The spalacids are classified in three subfamilies, six genera, and 37 species.

Family Spalacidae
- Subfamily Myospalacinae - zokors
  - Genus Myospalax
    - Myospalax myospalax species group
      - False zokor, M. aspalax
      - Siberian zokor, M. myospalax
    - Myospalax psilurus species group
      - Transbaikal zokor, M. psilurus
  - Genus Eospalax
    - Chinese zokor, E. fontanierii
    - Rothschild's zokor, E. rothschildi
    - Smith's zokor, E. smithii
- Subfamily Rhizomyinae
  - Tribe Rhizomyini - bamboo rats
    - Genus Rhizomys
      - Hoary bamboo rat, R. pruinosus
      - Chinese bamboo rat, R. sinensis
      - Large bamboo rat, R. sumatrensis
    - Genus Cannomys
      - Lesser bamboo rat, C. badius
    - †Genus Brachyrhizomys (Miocene to Pleistocene)
  - Tribe Tachyoryctini
    - Genus Tachyoryctes - African mole-rats
      - Ankole African mole-rat, T. ankoliae
      - Mianzini African mole-rat, T. annectens
      - Aberdare Mountains African mole-rat, T. audax
      - Demon African mole-rat, T. daemon
      - Kenyan African mole-rat, T. ibeanus
      - Giant root-rat, T. macrocephalus
      - Navivasha African mole-rat, Tachyoryctes naivashae
      - King African mole-rat, T. rex
      - Rwanda African mole-rat, T. ruandae
      - Rudd's African mole-rat, T. ruddi
      - Embi African mole-rat, T. spalacinus
      - Northeast African mole-rat, T. splendens
      - Storey's African mole-rat, T. storeyi
- Subfamily Spalacinae - blind mole-rats
  - Genus Spalax
    - Mehely's blind mole-rat, S. antiquus
    - Sandy blind mole-rat, S. arenarius
    - Giant blind mole-rat, S. giganteus
    - Bukovina blind mole-rat, S. graecus
    - Oltenia blind mole-rat, S. istricus (possibly extinct)
    - Greater blind mole-rat, S. microphthalmus
    - Kazakhstan blind mole-rat, S. uralensis
    - Podolsk blind mole-rat, S. zemni
  - Genus Nannospalax - small-bodied mole-rats
    - Subgenus Nannospalax
      - Middle East blind mole-rat or Palestine mole-rat, N. ehrenbergi
    - Subgenus Mesospalax
      - Lesser blind mole-rat, N. leucodon
      - Anatolian blind mole-rat or Nehring's blind mole-rat, N. xanthodon

== Bibliography ==
- Jansa, S. A. and M. Weksler. 2004. Phylogeny of muroid rodents: relationships within and among major lineages as determined by IRBP gene sequences. Molecular Phylogenetics and Evolution, 31:256-276.

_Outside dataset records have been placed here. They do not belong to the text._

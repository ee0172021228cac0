-- ===== src/Tests/Feedback.antt =====
-- The feedback consumer on concrete segments.
use be25_fin_thanos_meetbowl.Prelude.{
  list_eq, option_eq, pair_eq, ℕ, ◌*◌, ◌≤◌, ◌≡◌, refl, true, false, Option, none, some, [], ◌∷◌,
  map, arith, contains, nat_eq, length,
}
use be25_fin_thanos_meetbowl.Prelude.Dict.{lookup, insert}
use be25_fin_thanos_meetbowl.Text.{codes}
use be25_fin_thanos_meetbowl.Errors.{returned, raised, other}
use be25_fin_thanos_meetbowl.Schemas.Events.{EventEnvelope, FeedbackSegmentCreatedPayload}
use be25_fin_thanos_meetbowl.Schemas.Feedback.{
  MeetingFeedbackCommand, MeetingFeedbackResult, decision_reminder,
}
use be25_fin_thanos_meetbowl.Feedback.Window.{
  trim_expired_segments, MeetingWindowState, append_segment, total_chars,
}
use be25_fin_thanos_meetbowl.Feedback.State.{
  is_gated, Settings, Processor, cleanup_expired_state, window_or_new, key_of, is_stale, segment_of,
}
use be25_fin_thanos_meetbowl.Feedback.Consumer.{
  add_segment, accept, query, World, process_payload, publish_result, done,
}
use be25_fin_thanos_meetbowl.Feedback.Consumer.Gates.{AllWindows, process_payload-AllWindows}
use be25_fin_thanos_meetbowl.Feedback.Consumer.Queries.{IsDue, query_gates}
use be25_fin_thanos_meetbowl.Feedback.Consumer.Publishing.{cooldown_lem}
use be25_fin_thanos_meetbowl.Feedback.Consumer.Stream.{
  process_event, Delivered, feedback_segment_created, read_messages,
}
use be25_fin_thanos_meetbowl.Feedback.Consumer.Stream.Batch.{
  read_messages-acked, reversed_stops_batch,
}

abbrev settings : Settings
settings = record {
  max_segments = 2;
  max_window_seconds = 60;
  min_segments = 1;
  min_window_chars = 3;
  trigger_interval_seconds = 10;
  cooldown_seconds = 30;
  state_ttl_seconds = 100;
}

abbrev empty : Processor
empty = record { windows = []; last_published_at = [] }

abbrev payload : ℕ → ℕ → FeedbackSegmentCreatedPayload
payload started_at_ms ended_at_ms = record {
  meeting_id = 1;
  session_id = 2;
  organization_id = 3;
  participant_user_ids = 4 ∷ [];
  segment_id = 5;
  sequence = 6;
  language = codes "ko";
  text = codes "hello";
  is_final = true;
  started_at_ms = started_at_ms;
  ended_at_ms = ended_at_ms;
}

abbrev result : ℕ → MeetingFeedbackResult
result generated_at = record {
  feedback_id = 8;
  meeting_id = 1;
  session_id = 2;
  feedback_type = decision_reminder;
  message = codes "this was decided";
  sources = [];
  audience_user_ids = 4 ∷ [];
  from_sequence = 6;
  to_sequence = 6;
  generated_at = generated_at;
}

abbrev world : World
world = record {
  execute = λ command. returned (some (result 1000));
  publisher = some (λ event correlation_id. returned tt);
  lower = λ text. text;
}

process_payload-AllWindows_example :
    AllWindows settings (process_payload settings world 1000 (payload 10 20) 9 empty).1
process_payload-AllWindows_example =
    process_payload-AllWindows settings world 1000 (payload 10 20) 9 empty (omega arith) tt

abbrev window : MeetingWindowState
window = window_or_new settings 1000 none

abbrev command : MeetingFeedbackCommand
command = record {
  meeting_id = 1;
  session_id = 2;
  organization_id = 3;
  participant_user_ids = 4 ∷ [];
  correlation_id = 9;
  transcript_window = segment_of settings (payload 10 20) ∷ [];
}

query_gates_example :
    let before = window_or_new settings 1000 (
      lookup
        (key_of settings (payload 10 20))
        (cleanup_expired_state settings 1000 empty).windows) in
    ((payload 10 20).is_final ≡ true)
    × (contains 5 before.segment_ids ≡ false)
    × (is_stale settings 6 before.last_sequence ≡ false)
    × (1 ≤ length command.transcript_window)
    × (3 ≤ total_chars command.transcript_window)
    × IsDue (10 * 1000) before.last_query_ended_at_ms 20
unfolding process_payload add_segment window_or_new lookup cleanup_expired_state accept
    append_segment is_gated trim_expired_segments total_chars query
query_gates_example = query_gates settings world 1000 (payload 10 20) 9 empty command refl

abbrev after_first : Processor
after_first = (publish_result settings world 9 (result 1000) empty).1

cooldown_lem_example :
    let p'' = cleanup_expired_state settings 2000 after_first in
    publish_result settings world 9 (result 2000) p'' ≡ done p''
unfolding publish_result lookup
cooldown_lem_example =
    cooldown_lem settings world world 9 9 (result 1000) (result 2000) empty after_first 2000 refl
      refl (omega arith) (omega arith)

abbrev parse : ℕ → Option FeedbackSegmentCreatedPayload
parse started_at_ms = some (payload started_at_ms 20)

abbrev envelope : ℕ → EventEnvelope ℕ
envelope started_at_ms = record {
  event_id = 11;
  event_type = feedback_segment_created;
  occurred_at = 0;
  producer = [];
  correlation_id = 9;
  payload = started_at_ms;
}

abbrev message : ℕ → Delivered ℕ
message started_at_ms = record {
  message_id = started_at_ms ∷ [];
  raw_event = some (some (envelope started_at_ms));
  now = 1000;
  world = world;
}

read_messages-acked_example :
    (read_messages settings parse (message 10 ∷ message 15 ∷ []) empty).2
    ≡ map (λ m. m.message_id) (message 10 ∷ message 15 ∷ [])
unfolding read_messages process_event process_payload add_segment window_or_new lookup
    cleanup_expired_state accept append_segment is_gated trim_expired_segments total_chars query
    insert
read_messages-acked_example =
    read_messages-acked settings parse (message 10 ∷ message 15 ∷ []) empty refl

reversed_stops_batch_example :
    (p' : Processor) × (process_payload settings world 1000 (payload 30 20) 9 empty
      ≡ (raised (other (codes "ValidationError")), p', []))
    × (read_messages settings parse (message 30 ∷ message 10 ∷ []) empty
        ≡ (raised (other (codes "ValidationError")), p', [], []))
unfolding cleanup_expired_state lookup window_or_new is_stale
reversed_stops_batch_example =
    reversed_stops_batch settings parse (message 30) (message 10 ∷ []) (envelope 30) (payload 30 20)
      empty window refl refl refl refl refl refl refl (omega arith)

- Michaux, J., A. Reyes, and F. Catzeflis. 2001. Evolutionary history of the most speciose mammals: molecular phylogeny of muroid rodents. Molecular Biology and Evolution, 17:280-293.
- Steppan, S. J., R. A. Adkins, and J. Anderson. 2004. Phylogeny and divergence date estimates of rapid radiations in muroid rodents based on multiple nuclear genes. Systematic Biology, 53:533-553.